Rules, Rules and more Rules! (Video)

rulesandrules 200x300  |  Rules, Rules and more Rules! (Video)

Rules, Rules and more Rules!  Who Needs Them?

This week’s Torah portion, Mishpatim, Shemot / Exodus 21:1 – 24:18 is filled with rules.  Before we jump to conclusions and say they don’t apply today let’s look at some category’s of relationships.  There are paid employees with a job, volunteers with a job, people that pay to borrow (i.e. rent), people that borrow with no fees.  Would each of these groups of people have the same responsibility and culpability in your home?  Is there a standard and who would decide?

Those coming out from Mitzrayim or Egypt had the Pharaoh’s rules to obey as slaves.  Other societies’ had rules that were cut and dried with no exceptions.  The mitzvot or commandments set into place rules that ease the social fabric and tension.  It creates humanity where there was little humanity in other cultures.   This people coming from a mixed multitude had to have rules that all would be bound to following and obeying.

The mitzvot do have relevance today.  Instead of looking at individual commandments let us consider who we each are in our lives.  Am I an employee responsible for a product or process, if so I have a higher degree of culpability than a volunteer doing the same work because I am compensated already for my time?  A volunteer’s responsibility is to watch out for the obvious pitfalls, and protect against them, but no gain from doing, so less culpability.  A borrower carries more responsibility than a renter because he is to return it as it was given.  Someone who rents an item pays for its wear and tear, but not its abuse. 

What does this mean to us?  Am I an employee or a volunteer at my work, in my family, in my clubs?  What do I expect and what is expected of me?

Do I rent or borrow?  Do I use things up before returning them without honoring those I borrowed from or paying the rental fees?  What about those library books? 

Rules place boundaries and value on ourselves, our work, our responsibility, culpability.  If compared to Hammurabi’s Code these rules and mitzvot are life-giving and demonstrate much freedom.  Do we need rules?  Yes, rules give us freedom.  Especially when the rabbis are encouraged to thing through the implications and applications of thorny issues with the mitzvot. 

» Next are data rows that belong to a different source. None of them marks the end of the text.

-- ===== src/Executor.antt =====
-- src/executor.rs: `block_on`. The future is the caller's, and `Parker` is crossbeam's: a schedule
-- says how many calls of `park` return. `none` is a call that does not end, or a panic.
pub mod Local
pub mod Debts
pub mod Finishing
use thread_pool.Prelude.{
  ℕ, zero, suc, ◌<◌, ◌≡◌, refl, Bool, true, false, Option, none, some, Result, ok, if◌then◌else◌,
  leb, arith,
}
use thread_pool.Pool.{ExecutionError}

-- `Poll::Pending` is `none`.
pub record Future {ℓ} (T : Type ℓ) : Type (ℓ ⊔ 1) where
  pub State : Type 0
  pub poll : State → Option T × State

module _ {ℓ} {T : Type ℓ} (fut : Future T) where
  -- The loop: a pending poll parks the thread.
  unfoldable pub poll_loop : ℕ → fut.State → Option T
  poll_loop zero s = (fut.poll s).0
  poll_loop (suc parks) s =
      let later = poll_loop parks (fut.poll s).1 in
      elim (fut.poll s).0 [ none ↦ later | some val ↦ some val ]

  abbrev as_ok : Option T → Option (Result T ExecutionError)
  as_ok none = none
  as_ok (some val) = some (ok val)

  -- The cache of a thread is borrowed while the thread is in a `block_on`.
  unfoldable pub block_on : (borrowed : Bool) → ℕ → fut.State → Option (Result T ExecutionError)
  unfolding poll_loop
  block_on borrowed parks s = if borrowed then none else as_ok (poll_loop parks s)

  -- The future after some polls.
  abbrev pub polled : ℕ → fut.State → fut.State
  polled zero s = s
  polled (suc n) s = polled n (fut.poll s).1

  poll_loop_waits :
      (n parks : ℕ) (s : fut.State) (val : T)
      → ((i : ℕ) → i < n → (fut.poll (polled i s)).0 ≡ none)
      → (fut.poll (polled n s)).0 ≡ some val
      → poll_loop parks s ≡ (if leb n parks then some val else none)
  unfolding poll_loop
  poll_loop_waits zero zero s val pending ready = ready
  poll_loop_waits zero (suc parks) s val pending ready = ground (arith, ready)
  poll_loop_waits (suc n) zero s val pending ready = ground (arith, pending 0 (omega arith))
  poll_loop_waits (suc n) (suc parks) s val pending ready =
      let first : (fut.poll s).0 ≡ none = pending 0 (omega arith) in
      ground (
        arith,
        first,
        poll_loop_waits n parks (fut.poll s).1 val
            (λ i below. pending (suc i) (omega (arith, below))) ready,
      )

  -- Let a future be pending for a number of polls and ready with a value at the next one. Then
  -- `block_on` returns that value if the thread is unparked at least as often, and else does not
  -- end; it never returns an error. Within another `block_on` of the same thread it panics.
  pub block_on_waits :
      (n parks : ℕ) (s : fut.State) (val : T)
      → ((i : ℕ) → i < n → (fut.poll (polled i s)).0 ≡ none)
      → (fut.poll (polled n s)).0 ≡ some val
      → (block_on false parks s ≡ (if leb n parks then some (ok val) else none))
        × (block_on true parks s ≡ none)
  unfolding block_on
  block_on_waits n parks s val pending ready =
      (ground (arith, poll_loop_waits n parks s val pending ready), refl)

So do I behave like an employee at home, and a volunteer at work?  What imbalances could this bring to my life and home?  How do I treat my kids cleaning house, or a maid?  How do I treat my pets? What happens if my pet harms another person?

Do I own, rent or borrow items?  Does one really borrow a cup of sugar when you don’t get that cup back, but a different cup of sugar?  How do these concepts affect me in my daily life either owning, loaning, renting or borrowing?

The reality is this who gave us these rules and why?  The answer is found in  Shemot 24:12, “HaShem said to Moshe, "Come up to Me on the mountain and wait there, and I will give you the stone tablets with the teachings and commandments which I have inscribed to instruct them."” 

Avenui Malkeinu, Our Father and King who knows us, created us, and is ruler of this earth.  It is a case of “Father knows Best”, some days an old TV show may imitate life and truth.